At length, however, a reasonable compromise was reached: the emperor renounced lay investiture, while he was given the right
to exact an oath of allegiance without clerical trappings from such prelates as performed public secular office-for neither he nor
other medieval rulers could yet afford to dispense with the assistance of the clergy in the management even of secular
governmental affairs.
In this and similar contests between the Holy See and temporal rulers, however, the principle was clearly established that the
Church was independent of the State in the fulfillment of her God-given religious mission. Little people took heart at an
emperor doing penance; they felt that now there was some chance for justice for all.
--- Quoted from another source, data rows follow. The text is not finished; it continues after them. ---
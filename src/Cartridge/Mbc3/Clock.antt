-- ===== src/Cartridge/Mbc3/Clock.antt =====
-- src/cartridge.cpp: the clock of MBC3.
use tlmboy.Base.{
  ℕ, zero, suc, ◌+◌, ◌*◌, ◌/◌, ◌%◌, ◌<◌, ◌≡◌, ◌↔◌, refl, arith, Bool, true, false, of_bool, bit_or,
  u8,
}
use tlmboy.Cartridge.Mbc3.{rtc_value}

rtc_value-hours : (t : ℕ) (halted : Bool) → rtc_value t 2 halted ≡ t / 3600 % 60
unfolding rtc_value
rtc_value-hours t halted = omega arith

bit_or-halted :
    (n : ℕ) (halted : Bool) → n < 2 → u8 (bit_or n (of_bool halted * 64)) ≡ n + of_bool halted * 64
bit_or-halted zero true h = refl
bit_or-halted zero false h = refl
bit_or-halted (suc zero) true h = refl
bit_or-halted (suc zero) false h = refl
bit_or-halted (suc (suc n)) halted h = absurd (omega arith)

of_bool-lt : (b : Bool) → of_bool b < 2
of_bool-lt true = omega arith
of_bool-lt false = omega arith

-- At every time, the registers 0 and 1 of the clock are the second of the hour, and the
-- registers 3 and 4 hold the day in nine bits with the halt bit at bit 6.
pub rtc_value_lem :
    (t : ℕ) (halted : Bool)
    → (rtc_value t 0 halted + 60 * rtc_value t 1 halted ≡ t % 3600)
      × (rtc_value t 3 halted + 256 * (rtc_value t 4 halted % 64) ≡ t / 86400 % 512)
      × (rtc_value t 4 halted / 64 ≡ of_bool halted)
unfolding rtc_value
rtc_value_lem t halted =
    let upper = bit_or-halted (t / 86400 % 512 / 256) halted (omega arith) in
    let small = of_bool-lt halted in ((omega arith), (omega arith), (omega arith))

-- The register 2 of the clock is the hour of the day exactly in the first 24 of every 120
-- hours.
pub rtc_value-hour_of_day :
    (t : ℕ) (halted : Bool) → (rtc_value t 2 halted ≡ t / 3600 % 24) ↔ (t / 3600 % 120 < 24)
rtc_value-hour_of_day t halted =
    let e = rtc_value-hours t halted in ((λ h. omega arith), (λ h. omega arith))
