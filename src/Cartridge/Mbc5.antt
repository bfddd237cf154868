-- ===== src/Cartridge/Mbc5.antt =====
-- src/cartridge.cpp: the memory bank controller MBC5.
pub mod Banks
use tlmboy.Base.{
  ℕ, ◌+◌, ◌-◌, ◌*◌, Bool, true, false, Option, none, some, u8, u16, bit_and, bit_or, ltb, leb, ◌==◌,
  if◌then◌else◌,
}
use tlmboy.Tlm.{Command, Response, read, write, ignore, ok_response, assertion, unanswered}
use tlmboy.Cartridge.{BankSwitchedMem, do_bank_switch, b_transport}

-- `Cartridge::Mbc5`, with the `MemoryBankCtrler` it extends.
pub record Mbc5 : Type 0 where
  pub rom_low : ℕ → ℕ
  pub rom_high : BankSwitchedMem
  pub ext_ram : BankSwitchedMem
  pub ram_ind : ℕ
  pub rom_ind : ℕ
  pub ram_bits : ℕ
  pub rom_bank_low_bits : ℕ
  pub rom_bank_high_bits : ℕ
  pub ram_enabled : Bool

-- The register that a write to the ROM assigns.
unfoldable pub assign : ℕ → ℕ → Mbc5 → Mbc5
assign adr dat m =
    if leb adr 0x1FFF
    then record m { ram_enabled = bit_and dat 0xA == 0xA }
    else if leb adr 0x2FFF
    then record m { rom_bank_low_bits = dat }
    else if leb adr 0x3FFF
    then record m { rom_bank_high_bits = bit_and dat 1 }
    else if leb adr 0x5FFF
    then record m { ram_bits = bit_and dat 0x0F }
    else m

abbrev switch_banks : Mbc5 → Option Mbc5
switch_banks m = elim (do_bank_switch m.rom_ind m.rom_high) [
  | none ↦ none
  | some high ↦ elim (do_bank_switch m.ram_ind m.ext_ram) [
    | none ↦ none
    | some ram ↦ some (record m { rom_high = high; ext_ram = ram })
  ]
]

-- The rest of a write: the two indices, which are bytes, and the switches.
unfoldable pub select : Mbc5 → Option Mbc5
select m =
    let m' = record m {
      ram_ind = u8 (if m.ram_enabled then m.ram_bits else 0);
      rom_ind = u8 (bit_or (m.rom_bank_high_bits * 256) m.rom_bank_low_bits);
    } in
    switch_banks m'

abbrev write_rom : ℕ → ℕ → Mbc5 → Response × Mbc5
write_rom adr dat m = elim (select (assign adr dat m)) [
  | none ↦ (assertion, assign adr dat m)
  | some m' ↦ (unanswered dat, m')
]

abbrev read_rom : ℕ → ℕ → Mbc5 → Response × Mbc5
read_rom adr dat m =
    if leb adr 0x3FFF
    then (ok_response (m.rom_low adr), m)
    else (let done = b_transport read (adr - 0x4000) dat m.rom_high in
        (done.0, record m { rom_high = done.1 }))

abbrev at_rom : Command → ℕ → ℕ → Mbc5 → Response × Mbc5
at_rom write adr dat m = write_rom adr dat m
at_rom read adr dat m = read_rom adr dat m
at_rom ignore adr dat m = (unanswered dat, m)

-- `Mbc5::b_transport_rom`.
unfoldable pub b_transport_rom : Command → ℕ → ℕ → Mbc5 → Response × Mbc5
b_transport_rom cmd addr dat m =
    if ltb (u16 addr) 0x8000 then at_rom cmd (u16 addr) dat m else (assertion, m)

-- `Mbc5::b_transport_ram`.
unfoldable pub b_transport_ram : Command → ℕ → ℕ → Mbc5 → Response × Mbc5
b_transport_ram cmd addr dat m =
    if leb (u16 addr) 0x1FFF
    then (if m.ram_enabled
        then (let done = b_transport cmd addr dat m.ext_ram in
            (done.0, record m { ext_ram = done.1 }))
        else (assertion, m))
    else (assertion, m)

-- `Mbc5::transport_dbg_ram`, which ignores whether the RAM is enabled.
unfoldable pub transport_dbg_ram : Command → ℕ → ℕ → Mbc5 → Response × Mbc5
unfolding b_transport
transport_dbg_ram cmd addr dat m =
    if leb (u16 addr) 0x1FFF
    then (let done = b_transport cmd addr dat m.ext_ram in (done.0, record m { ext_ram = done.1 }))
    else (assertion, m)
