-- ===== src/Cartridge/Mbc5/Banks.antt =====
-- src/cartridge.cpp: the banks of MBC5.
use tlmboy.Base.{ℕ, ◌+◌, ◌*◌, ◌<◌, ◌≡◌, ap, ◌∙◌, arith, some, bit_or, if◌then◌else◌, u8}
use tlmboy.Base.Bits.{bit_and-1, bit_and-15, bit_or-shift}
use tlmboy.Tlm.{read, write, ok_response, unanswered}
use tlmboy.Cartridge.{do_bank_switch, b_transport}
use tlmboy.Cartridge.Mbc5.{Mbc5, assign, select, b_transport_rom}

-- The registers hold what their masks and widths let through, and the memories have the sizes that the
-- constructor of MBC5 gives them.
pub record IsMbc5 (m : Mbc5) : Type 0 where
  pub low_bits : m.rom_bank_low_bits < 256
  pub high_bit : m.rom_bank_high_bits < 2
  pub ram_bits_small : m.ram_bits < 16
  pub rom_banks : m.rom_high.num_banks ≡ 512
  pub rom_size : m.rom_high.bank_size ≡ 0x4000
  pub ram_banks : m.ext_ram.num_banks ≡ 16
  pub ram_size : m.ext_ram.bank_size ≡ 0x2000

abbrev pub ram_bank : Mbc5 → ℕ
ram_bank m = if m.ram_enabled then m.ram_bits else 0

-- The controller showing the banks of its registers: the low byte alone chooses the bank.
abbrev pub showing : Mbc5 → Mbc5
showing m = record m {
  rom_ind = m.rom_bank_low_bits;
  ram_ind = ram_bank m;
  rom_high = record m.rom_high {
    bank_data = m.rom_bank_low_bits * 0x4000;
    current_bank_ind = m.rom_bank_low_bits;
  };
  ext_ram = record m.ext_ram { bank_data = ram_bank m * 0x2000; current_bank_ind = ram_bank m };
}

low_byte : (high low : ℕ) → low < 256 → u8 (bit_or (high * 256) low) ≡ low
low_byte high low h = let parts = bit_or-shift 8 high low h in omega arith

select_lem : (m : Mbc5) → IsMbc5 m → select m ≡ some (showing m)
unfolding select do_bank_switch
select_lem m v =
    let low = low_byte m.rom_bank_high_bits m.rom_bank_low_bits v.low_bits in ground arith

assign-IsMbc5 : (adr dat : ℕ) (m : Mbc5) → dat < 256 → IsMbc5 m → IsMbc5 (assign adr dat m)
unfolding assign
assign-IsMbc5 adr dat m h v = ground (arith, bit_and-1 dat, bit_and-15 dat)

-- With the sizes and the masked registers of MBC5, a write of a byte to any ROM address passes
-- every assertion, shows the ROM bank of the low register, whatever the high bit is, and the
-- RAM bank of its register, bank 0 when the RAM is disabled, and keeps the sizes and the masks.
pub b_transport_rom-low_byte :
    (adr dat : ℕ) (m : Mbc5)
    → adr < 0x8000
    → dat < 256
    → IsMbc5 m
    → (b_transport_rom write adr dat m ≡ (unanswered dat, showing (assign adr dat m)))
      × IsMbc5 (showing (assign adr dat m))
unfolding b_transport_rom
b_transport_rom-low_byte adr dat m ha hd v =
    let v' = assign-IsMbc5 adr dat m hd v in
    let chosen = select_lem (assign adr dat m) v' in (ground arith, ground arith)

bank_offset : (b offset : ℕ) → 0x4000 + (b * 0x4000 + offset) ≡ (b + 1) * 0x4000 + offset
bank_offset b offset = omega arith

-- When the banks of the registers are shown and `rom_high` holds a game file from its byte
-- 0x4000 on, a read at 0x4000 + offset gives the byte of the file's bank after the one that the
-- low register names, and changes nothing.
pub b_transport_rom-next_bank :
    (f : ℕ → ℕ) (offset dat : ℕ) (m : Mbc5)
    → offset < 0x4000
    → IsMbc5 m
    → ((j : ℕ) → m.rom_high.cells j ≡ f (0x4000 + j))
    → b_transport_rom read (0x4000 + offset) dat (showing m)
      ≡ (ok_response (f ((m.rom_bank_low_bits + 1) * 0x4000 + offset)), showing m)
unfolding b_transport_rom b_transport
b_transport_rom-next_bank f offset dat m h v file =
    let at = bank_offset m.rom_bank_low_bits offset in
    let cell = file (m.rom_bank_low_bits * 0x4000 + offset) ∙ ap f at in ground arith
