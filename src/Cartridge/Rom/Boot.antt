-- ===== src/Cartridge/Rom/Boot.antt =====
-- src/cartridge.cpp: what is read from the cartridge before and after its boot ROM is unmapped.
use tlmboy.Base.{
  ℕ, ◌+◌, ◌-◌, ◌<◌, ◌≡◌, inl, inr, refl, ap, ◌∙◌, arith, Bool, true, false, ◌&&◌, Option, some,
  List, [], ◌∷◌, ltb, if◌then◌else◌, Bool-cases,
}
use tlmboy.Tlm.{Command, read, write, ignore, ok_response}
use tlmboy.Memory
use tlmboy.Memory.File.{DataFile, copied, load_from_file, load_from_data}
use tlmboy.SymfileTracer.{SymfileTracer, trace_access}
use tlmboy.Cartridge.{b_transport}
use tlmboy.Cartridge.Rom.{Rom, zeros, new_mem, new_rom, unmap_boot_rom, b_transport_rom}

-- A transaction on the socket of the ROM.
pub record Access : Type 0 where
  pub is_data : Bool
  pub cmd : Command
  pub addr : ℕ
  pub dat : ℕ

abbrev pub run : List Access → Rom → Rom
run [] r = r
run (x ∷ xs) r = run xs (b_transport_rom x.is_data x.cmd x.addr x.dat r).1

-- What no transaction changes.
record Same (r q : Rom) : Type 0 where
  same_game : q.game_path ≡ r.game_path
  same_low : q.rom_low ≡ r.rom_low
  same_high : q.rom_high ≡ r.rom_high

b_transport_rom-Same :
    (is_data : Bool) (cmd : Command) (addr dat : ℕ) (r : Rom)
    → Same r (b_transport_rom is_data cmd addr dat r).1
unfolding b_transport_rom Memory.b_transport b_transport trace_access
b_transport_rom-Same true read addr dat r = ground arith
b_transport_rom-Same false read addr dat r = ground arith
b_transport_rom-Same true ignore addr dat r = ground arith
b_transport_rom-Same false ignore addr dat r = ground arith
b_transport_rom-Same is_data write addr dat r = ground arith

run-Same : (xs : List Access) (r : Rom) → Same r (run xs r)
run-Same [] r = record { same_game = refl; same_low = refl; same_high = refl }
run-Same (x ∷ xs) r =
    let one = b_transport_rom-Same x.is_data x.cmd x.addr x.dat r in
    let rest = run-Same xs (b_transport_rom x.is_data x.cmd x.addr x.dat r).1 in
    record {
      same_game = rest.same_game ∙ one.same_game;
      same_low = rest.same_low ∙ one.same_low;
      same_high = rest.same_high ∙ one.same_high;
    }

-- The byte that a read below 0x8000 finds.
read_rom_lem :
    (is_data : Bool) (a dat : ℕ) (r : Rom)
    → a < 0x8000
    → r.rom_high.bank_size ≡ 0x4000
    → (b_transport_rom is_data read a dat r).0
      ≡ ok_response (
          if ltb a 0x4000
          then r.rom_low a
          else r.rom_high.cells (r.rom_high.bank_data + (a - 0x4000)))
unfolding b_transport_rom Memory.b_transport b_transport trace_access
read_rom_lem true a dat r lt size = ground arith
read_rom_lem false a dat r lt size = ground arith

-- A file of 32 KiB is loaded whole.
load_low :
    (game : DataFile) (cells : ℕ → ℕ)
    → game.size ≡ 0x8000
    → load_from_file game 0 0x4000 cells ≡ some (copied game.byte 0 0x4000 cells)
unfolding load_from_file
load_low game cells e = ground arith

load_high :
    (game : DataFile) (cells : ℕ → ℕ)
    → game.size ≡ 0x8000
    → load_from_file game 0x4000 0x4000 cells ≡ some (copied game.byte 0x4000 0x4000 cells)
unfolding load_from_file
load_high game cells e = ground arith

-- The cartridge with these bytes in its first half.
abbrev rom_with : DataFile → Option SymfileTracer → (ℕ → ℕ) → Rom
rom_with game tracer low = record {
  game_path = game;
  rom_low = low;
  rom_high = record (new_mem 1 0x4000) { cells = copied game.byte 0x4000 0x4000 zeros };
  symfile_tracer = tracer;
}

abbrev booting : DataFile → DataFile → ℕ → ℕ
booting game boot = load_from_data boot 0x4000 (copied game.byte 0 0x4000 zeros)

new_rom_lem :
    (game boot : DataFile) (tracer : Option SymfileTracer)
    → game.size ≡ 0x8000
    → new_rom game boot tracer ≡ some (rom_with game tracer (booting game boot))
unfolding new_rom
new_rom_lem game boot tracer e =
    rw (load_low game zeros e, new_rom) (rw (load_high game zeros e) refl)

second_half :
    (a v : ℕ) (byte : ℕ → ℕ)
    → a < 0x8000
    → (if ltb a 0x4000 then v else copied byte 0x4000 0x4000 zeros (0 + (a - 0x4000)))
      ≡ (if ltb a 0x4000 then v else byte a)
unfolding copied
second_half a v byte lt = elim (Bool-cases (ltb a 0x4000)) [
  | inl low ↦ rw low refl
  | inr high ↦
      let inside : ltb (0 + (a - 0x4000)) 0x4000 ≡ true = ground arith in
      let at : 0x4000 + (0 + (a - 0x4000)) ≡ a = ground arith in rw (high, inside) (ap byte at)
]

-- What is read of such a cartridge.
reads :
    (is_data : Bool) (a dat : ℕ) (game : DataFile) (low : ℕ → ℕ) (r : Rom)
    → a < 0x8000
    → r.rom_low ≡ low
    → r.rom_high ≡ record (new_mem 1 0x4000) { cells = copied game.byte 0x4000 0x4000 zeros }
    → (b_transport_rom is_data read a dat r).0
      ≡ ok_response (if ltb a 0x4000 then low a else game.byte a)
unfolding new_mem copied
reads is_data a dat game low r lt same_low same_high =
    let size : r.rom_high.bank_size ≡ 0x4000 = ap (λ m. m.bank_size) same_high in
    read_rom_lem is_data a dat r lt size
    ∙ ap
        (λ (f : ℕ → ℕ).
          ok_response
            (if ltb a 0x4000 then f a else r.rom_high.cells (r.rom_high.bank_data + (a - 0x4000))))
        same_low
    ∙ ap (λ m. ok_response (if ltb a 0x4000 then low a else m.cells (m.bank_data + (a - 0x4000))))
        same_high
    ∙ ap ok_response (second_half a (low a) game.byte lt)

first_half :
    (a : ℕ) (game boot : DataFile)
    → (if ltb a 0x4000 then booting game boot a else game.byte a)
      ≡ (if ltb a boot.size && ltb a 0x4000 then boot.byte a else game.byte a)
unfolding load_from_data copied
first_half a game boot = let zero_plus : 0 + a ≡ a = omega arith in rw zero_plus (ground arith)

unmapped :
    (a : ℕ) (game : DataFile) (low : ℕ → ℕ)
    → (if ltb a 0x4000 then copied game.byte 0 0x4000 low a else game.byte a) ≡ game.byte a
unfolding copied
unmapped a game low = let zero_plus : 0 + a ≡ a = omega arith in rw zero_plus (ground arith)

module _ (game boot : DataFile) (tracer : Option SymfileTracer) (before after : List Access)
    (is_data : Bool) (a dat : ℕ) (whole : game.size ≡ 0x8000) (inside : a < 0x8000) where
  -- With a game of 32 KiB, the ROM-only cartridge starts and its boot ROM can be unmapped,
  -- after any transactions. Until then, a read of an address below 0x8000 finds the boot ROM's
  -- byte, if the address is below the boot ROM's size and below 0x4000, and else the game's;
  -- from then on it finds the game's byte, whatever transactions follow.
  pub b_transport_rom-unmap_boot_rom :
      (r : Rom) × (r' : Rom) × (new_rom game boot tracer ≡ some r)
      × (unmap_boot_rom (run before r) ≡ some r')
      × ((b_transport_rom is_data read a dat (run before r)).0
          ≡ ok_response (if ltb a boot.size && ltb a 0x4000 then boot.byte a else game.byte a))
      × ((b_transport_rom is_data read a dat (run after r')).0 ≡ ok_response (game.byte a))
  unfolding unmap_boot_rom
  b_transport_rom-unmap_boot_rom =
      let r = rom_with game tracer (booting game boot) in
      let r1 : Rom = run before r in
      let s = run-Same before r in
      let low = copied game.byte 0 0x4000 r1.rom_low in
      let r2 : Rom = record r1 { rom_low = low } in
      let t = run-Same after r2 in
      (
        r,
        r2,
        new_rom_lem game boot tracer whole,
        rw (load_low r1.game_path r1.rom_low (ap (λ g. g.size) s.same_game ∙ whole), unmap_boot_rom)
            (ap (λ (g : DataFile). some (record r1 { rom_low = copied g.byte 0 0x4000 r1.rom_low }))
              s.same_game),
        reads is_data a dat game (booting game boot) r1 inside s.same_low s.same_high
            ∙ ap ok_response (first_half a game boot),
        reads is_data a dat game low (run after r2) inside t.same_low (t.same_high ∙ s.same_high)
            ∙ ap ok_response (unmapped a game r1.rom_low),
      )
For the secret of papal victory in these
contests lay ultimately in popular support. Such powers as the popes exercised during the Middle Ages over temporal
rulers-such as rebuking, suspending or even deposing them-were derived from popular delegation of them as judges of an
international supreme court. Unlike the purely spiritual authority bestowed by Christ, such temporal prerogatives were
revocable at popular will, and were tacitly withdrawn during the Renaissance-Reformation Era.